_WORK ORDER_
The expected output is exactly the lines below, starting at the line with "(get row.coefs) rows" and ending at the line with "let at : get", both included; no other line belongs in it.

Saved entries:
-- ===== src/Codec/Matrix/Known.antt =====
-- A source symbol becomes known: `add_known_source` on rows in reduced form.
use delp.Prelude.{
  ℕ, zero, suc, ◌≤◌, ◌≡◌, ◌≢◌, refl, sym, ap, ◌∙◌, Bool-cases, inl, inr, Option-cases, some, List,
  [], ◌∷◌, ◌++◌, length, map, contains, ◌==◌, if◌then◌else◌, arith,
}
use delp.Error.{ok}
use delp.Config.{Field}
use delp.Gf.Simd.{scalar}
use delp.Codec.Dense.{get, is_solved}
use delp.Codec.Dense.Pivot.{is_solved-pivot}
use delp.Codec.Matrix.{MatrixRow, Rows, Symbols, DecodingMatrix, remove_row, substitute, row_count}
use delp.Codec.Matrix.Recover.{
  solved_now, solved_keys, take_solved, substitute_rows, cascade, add_known_rows, add_known_source,
  with_rows,
}
use delp.Codec.Matrix.Sound.{Session, substitute-Sound, solved-symbol}
use delp.Codec.Matrix.Unsolved.{
  NotKey, Unsolved, Listed, Unsolved-nil, solved_keys-Unsolved, take_solved-Unsolved,
  solved_now-Listed,
}
use delp.Codec.Matrix.Reduced.{
  ZeroAt, ZeroOn, Reduced, AllTrue, Recovers, ZeroOn-weaken, remove_row-ZeroAt, remove_row-Reduced,
  length-remove_row, remove_row-found,
}

-- Every row with the ID as its key is solved.
abbrev SolvedAt : ℕ → Rows → Type 0
SolvedAt id [] = Unit
SolvedAt id ((key, row) ∷ rows) = (key ≡ id → is_solved row.coefs ≡ some id) × SolvedAt id rows

abbrev AllSolved : List ℕ → Rows → Type 0
AllSolved [] rows = Unit
AllSolved (id ∷ ids) rows = SolvedAt id rows × (¬ ZeroAt id rows) × AllSolved ids rows

-- Queued symbols that no row has a coefficient of.
abbrev Idle : Symbols → Rows → Type 0
Idle [] rows = Unit
Idle ((id, symbol) ∷ queue) rows = ZeroAt id rows × Idle queue rows

module _ (f : Field) where
  substitute_rows-Idle :
      (rows : Rows) (id : ℕ) (symbol : List ℕ)
      → ZeroAt id rows
      → substitute_rows scalar f rows id symbol ≡ ok ([], rows)
  unfolding substitute_rows substitute solved_now
  substitute_rows-Idle [] id symbol h = refl
  substitute_rows-Idle ((key, row) ∷ rows) id symbol (e, h) =
      rw e (rw (substitute_rows-Idle rows id symbol h) refl)

  -- Symbols that no row has a coefficient of change nothing.
  pub cascade-Idle :
      (fuel : ℕ) (rows : Rows) (known : List ℕ) (queue : Symbols)
      → Idle queue rows
      → cascade scalar f fuel rows known queue ≡ ok ([], rows)
  unfolding cascade take_solved
  cascade-Idle zero rows known queue h = refl
  cascade-Idle (suc fuel) rows known [] h = refl
  cascade-Idle (suc fuel) rows known ((id, symbol) ∷ queue) (e, h) =
      rw (substitute_rows-Idle rows id symbol e)
        (rw (cascade-Idle fuel rows (id ∷ known) (queue ++ []) (Idle-nil queue rows h)) refl)
    where
      Idle-nil : (queue : Symbols) (rows : Rows) → Idle queue rows → Idle (queue ++ []) rows
      Idle-nil [] rows h = tt
      Idle-nil ((id, symbol) ∷ queue) rows (e, h) = (e, Idle-nil queue rows h)

ZeroOn-SolvedAt : (c : ℕ → ℕ) (id : ℕ) (rows : Rows) → ZeroOn c rows → c id ≢ 0 → SolvedAt id rows
ZeroOn-SolvedAt c id [] h ne = tt
ZeroOn-SolvedAt c id ((key, row) ∷ rows) (e, h) ne =
    (λ same. absurd (ne (ap c (sym same) ∙ e)), ZeroOn-SolvedAt c id rows h ne)

remove_row-SolvedAt :
    (rows : Rows) (pid id : ℕ) → SolvedAt id rows → SolvedAt id (remove_row rows pid).1
unfolding remove_row
remove_row-SolvedAt [] pid id h = tt
remove_row-SolvedAt ((key, row) ∷ rows) pid id (e, h) = elim (Bool-cases (key == pid)) [
  | inl t ↦ rw t h
  | inr t ↦ rw t (e, remove_row-SolvedAt rows pid id h)
]

SolvedAt-found :
    (rows : Rows) (id : ℕ) (row : MatrixRow)
    → SolvedAt id rows
    → (remove_row rows id).0 ≡ some row
    → is_solved row.coefs ≡ some id
unfolding remove_row
SolvedAt-found [] id row h e = absurd (ground arith)
SolvedAt-found ((key, other) ∷ rows) id row (p, h) e = elim (Bool-cases (key == id)) [
  | inl t ↦
      let here : some other ≡ some row = rw t at e in
      let found : other ≡ row = cc in rw (← found) (p (ground arith))
  | inr t ↦
      let there : (remove_row rows id).0 ≡ some row = rw t at e in
      SolvedAt-found rows id row h there
]

abbrev SolvedIds : List ℕ → Rows → Type 0
SolvedIds [] rows = Unit
SolvedIds (id ∷ ids) rows = SolvedAt id rows × SolvedIds ids rows

remove_row-SolvedIds :
    (ids : List ℕ) (rows : Rows) (pid : ℕ)
    → SolvedIds ids rows
    → SolvedIds ids (remove_row rows pid).1
remove_row-SolvedIds [] rows pid h = tt
remove_row-SolvedIds (id ∷ ids) rows pid (e, h) =
    (remove_row-SolvedAt rows pid id e, remove_row-SolvedIds ids rows pid h)

-- What is left of the rows, and what came out of them.
record Taken (s : Session) (rows : Rows) (out : Symbols × Symbols × Rows) : Type 0 where
  recovered : AllTrue s out.0
  queue : Idle out.1 out.2
  reduced : Reduced s out.2
  zeros : (x : ℕ) → ZeroAt x rows → ZeroAt x out.2
  shorter : length out.2 ≤ length rows

module _ (s : Session) where
  -- Taking out rows that are solved recovers true symbols, which no row left has a coefficient of.
  take_solved-Taken :
      (ids : List ℕ) (rows : Rows) (known : List ℕ)
      → Reduced s rows
      → SolvedIds ids rows
      → Taken s rows (take_solved ids rows known)
  unfolding take_solved
  take_solved-Taken [] rows known h solved = record {
    recovered = tt;
    queue = tt;
    reduced = h;
    zeros = λ x z. z;
    shorter = omega arith;
  }
  take_solved-Taken (id ∷ ids) rows known h (at, solved) =
      let left = (remove_row rows id).1 in
      let ih =
        take_solved-Taken ids left known (remove_row-Reduced s rows id h)
          (remove_row-SolvedIds ids rows id solved) in
      elim (Option-cases (remove_row rows id).0) [
        | inl e ↦
            rw (e, take_solved)
              (record {
                recovered = ih.recovered;
                queue = ih.queue;
                reduced = ih.reduced;
                zeros = λ x z. ih.zeros x (remove_row-ZeroAt rows id x z);
                shorter = omega (arith, ih.shorter, length-remove_row rows id);
              })
        | inr (row, e) ↦
            let (live, zero_at, _) = remove_row-found s rows id row e h in
            let true_symbol =
              solved-symbol s row id live.sound (SolvedAt-found rows id row at e) live.pivot in
            rw (e, take_solved)
              (record {
                recovered = (true_symbol, ih.recovered);
                queue =
                    queued id row.payload known (take_solved ids left known).1
                      (take_solved ids left known).2 (ih.zeros id zero_at) ih.queue;
                reduced = ih.reduced;
                zeros = λ x z. ih.zeros x (remove_row-ZeroAt rows id x z);
                shorter = omega (arith, ih.shorter, length-remove_row rows id);
              })
      ]
    where
      queued :
          (id : ℕ) (payload known : List ℕ) (queue : Symbols) (rows : Rows)
          → ZeroAt id rows
          → Idle queue rows
          → Idle (if contains known id then queue else (id, payload) ∷ queue) rows
      queued id payload known queue rows z h = elim (Bool-cases (contains known id)) [
        | inl t ↦ rw t h
        | inr t ↦ rw t (z, h)
      ]

  -- A symbol that is no row's key: the rows lose its coefficient and stay in reduced form, and the
  -- rows that are solved by that are listed by their keys.
  record Substituted (rows : Rows) (id : ℕ) (solved : List ℕ) (next : Rows) : Type 0 where
    runs : substitute_rows scalar s.field rows id (s.symbol id) ≡ ok (solved, next)
    reduced : Reduced s next
    listed : AllSolved solved next
    zeros : (x : ℕ) → ZeroAt x rows → ZeroAt x next
    keys : (c : ℕ → ℕ) → ZeroOn c rows → ZeroOn c next
    cleared : ZeroAt id next
    left : Unsolved rows → Listed solved next
    same : length next ≡ length rows

  AllSolved-cons :
      (ids : List ℕ) (key : ℕ) (row : MatrixRow) (rows : Rows)
      → ZeroAt key rows
      → AllSolved ids rows
      → AllSolved ids ((key, row) ∷ rows)
  AllSolved-cons [] key row rows z h = tt
  AllSolved-cons (id ∷ ids) key row rows z (p, n, h) =
      ((λ same. absurd (n (moved same)), p), λ w. n w.1, AllSolved-cons ids key row rows z h)
    where
      moved : key ≡ id → ZeroAt id rows
      moved same = rw (← same) z

  AllSolved-SolvedIds : (ids : List ℕ) (rows : Rows) → AllSolved ids rows → SolvedIds ids rows
  AllSolved-SolvedIds [] rows h = tt
  AllSolved-SolvedIds (id ∷ ids) rows (p, n, h) = (p, AllSolved-SolvedIds ids rows h)

  solved_now-AllSolved :
      (c key : ℕ) (row : MatrixRow) (ids : List ℕ) (rows : Rows)
      → get row.coefs key ≡ 1
      → ZeroOn (get row.coefs) rows
      → AllSolved ids ((key, row) ∷ rows)
      → AllSolved (solved_now c row ++ ids) ((key, row) ∷ rows)
  unfolding solved_now
  solved_now-AllSolved c key row ids rows one on h = elim (Bool-cases (c == 0)) [
    | inl t ↦ rw t h
    | inr t ↦ elim (Option-cases (is_solved row.coefs)) [
      | inl e ↦ rw (t, e) h
      | inr (id, e) ↦
          let live : get row.coefs key ≢ 0 = λ z. absurd (omega arith) in
          let same : key ≡ id = is_solved-pivot row.coefs id key e live in
          let at : get row.coefs id ≢ 0 = rw (← same) live in
          rw (t, e) (((λ _. e), ZeroOn-SolvedAt (get row.coefs) id rows on at), λ z. at z.0, h)
    ]
  ]

  substitute_rows-Substituted :
      (rows : Rows) (id : ℕ)
      → Reduced s rows
      → NotKey id rows
      → (solved : List ℕ) × (next : Rows) × Substituted rows id solved next
  unfolding substitute_rows
  substitute_rows-Substituted [] id h k = (
    [],
    [],
    record {
      runs = refl;
      reduced = tt;
      listed = tt;
      zeros = λ x z. z;
      keys = λ c z. z;
      cleared = tt;
      left = λ u. tt;
      same = refl;
    },
  )
  substitute_rows-Substituted ((key, row) ∷ rows) id (live, at, on, h) (ne, k) =
      let (next, e, sound, entry, untouched) = substitute-Sound s row id live.sound in
      let (ids, rest, ih) = substitute_rows-Substituted rows id h k in
      let kept : (x : ℕ) → get row.coefs x ≡ 0 → get next.coefs x ≡ 0 =
        λ x z. entry x ∙ ground arith in
      let one : get next.coefs key ≡ 1 =
        entry key ∙ other key ne (get row.coefs key) ∙ live.pivot in
      let at_key = ih.zeros key at in
      let on_keys =
        ZeroOn-weaken (get row.coefs) (get next.coefs) rest kept (ih.keys (get row.coefs) on) in
      (
        solved_now (get row.coefs id) next ++ ids,
        (key, next) ∷ rest,
        record {
          runs = rw e (rw ih.runs refl);
          reduced = (record { sound = sound; pivot = one }, at_key, on_keys, ih.reduced);
          listed =
              solved_now-AllSolved (get row.coefs id) key next ids rest one on_keys
                (AllSolved-cons ids key next rest at_key ih.listed);
          zeros = λ x z. (kept x z.0, ih.zeros x z.1);
          keys = λ c z. (z.0, ih.keys c z.1);
          cleared = (entry id ∙ ground arith, ih.cleared);
          left = λ u.
              solved_now-Listed (get row.coefs id) key row next ids rest one untouched u.0
                (ih.left u.1);
          same = ap suc ih.same;
        },
      )
    where
      other : (x : ℕ) → x ≢ id → (v : ℕ) → (if x == id then 0 else v) ≡ v
      other x d v = elim (Bool-cases (x == id)) [
        | inl t ↦ absurd (d (ground arith))
        | inr t ↦ rw t refl
      ]

  record Settled (rows : Rows) (id : ℕ) (known : List ℕ) : Type 0 where
    recovered : Symbols
    next : Rows
    runs : add_known_rows scalar s.field rows id (s.symbol id) known ≡ ok (recovered, next)
    all_true : AllTrue s recovered
    reduced : Reduced s next
    complete : solved_keys next ≡ []
    cleared : ZeroAt id next
    shorter : length next ≤ length rows

  add_known_rows-Reduced :
      (rows : Rows) (id : ℕ) (known : List ℕ)
      → Reduced s rows
      → solved_keys rows ≡ []
      → NotKey id rows
      → Settled rows id known
  unfolding add_known_rows cascade
  add_known_rows-Reduced rows id known h z k =
      let (solved, next, sub) = substitute_rows-Substituted rows id h k in
      let out = take_solved solved next (id ∷ known) in
      let taken =
        take_solved-Taken solved next (id ∷ known) sub.reduced
          (AllSolved-SolvedIds solved next sub.listed) in
      let left =
        take_solved-Unsolved s solved next (id ∷ known) sub.reduced
          (sub.left (Unsolved-nil rows z)) in
      record {
        recovered = out.0 ++ [];
        next = out.2;
        runs =
            rw sub.runs
              (rw (cascade-Idle s.field (length rows) out.2 (id ∷ known) out.1 taken.queue) refl);
        all_true = AllTrue-nil out.0 taken.recovered;
        reduced = taken.reduced;
        complete = solved_keys-Unsolved out.2 left;
        cleared = taken.zeros id sub.cleared;
        shorter = omega (arith, taken.shorter, sub.same);
      }
    where
      AllTrue-nil : (xs : Symbols) → AllTrue s xs → AllTrue s (xs ++ [])
      AllTrue-nil [] h = tt
      AllTrue-nil ((id, payload) ∷ xs) (e, h) = (e, AllTrue-nil xs h)

  -- A true symbol whose ID is no row's pivot, on a matrix whose rows are in reduced form and of which
  -- none is solved: with the scalar kernels `add_known_source` succeeds, every symbol that it returns
  -- is the true one of its ID, the rows that it leaves are in reduced form, none of them is solved,
  -- none has a coefficient at the ID, and there are not more rows than there were, or than `max_rows`
  -- (than one, if `max_rows` is 0).
  pub add_known_source-Recovers :
      (m : DecodingMatrix) (id : ℕ) (known_sources : Symbols)
      → m.field ≡ s.field
      → Reduced s m.rows
      → solved_keys m.rows ≡ []
      → NotKey id m.rows
      → (r : Recovers s m (add_known_source scalar m id (s.symbol id) known_sources)) × ZeroAt id
          r.next.rows
  unfolding add_known_source with_rows
  add_known_source-Recovers m id known_sources e h z k =
      let out = add_known_rows-Reduced m.rows id (map (λ q. q.0) known_sources) h z k in
      (
        record {
          recovered = out.recovered;
          next = record m { rows = out.next };
          returns = rw e (rw out.runs refl);
          all_true = out.all_true;
          reduced = out.reduced;
          complete = out.complete;
          bounded = unfold row_count in omega (arith, out.shorter);
        },
        out.cleared,
      )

_TASK OUTPUT_
      → ZeroOn (get row.coefs) rows
      → AllSolved ids ((key, row) ∷ rows)
      → AllSolved (solved_now c row ++ ids) ((key, row) ∷ rows)
  unfolding solved_now
  solved_now-AllSolved c key row ids rows one on h = elim (Bool-cases (c == 0)) [
    | inl t ↦ rw t h
    | inr t ↦ elim (Option-cases (is_solved row.coefs)) [
      | inl e ↦ rw (t, e) h
      | inr (id, e) ↦
          let live : get row.coefs key ≢ 0 = λ z. absurd (omega arith) in
          let same : key ≡ id = is_solved-pivot row.coefs id key e live in
          let at : get row.coefs id ≢ 0 = rw (← same) live in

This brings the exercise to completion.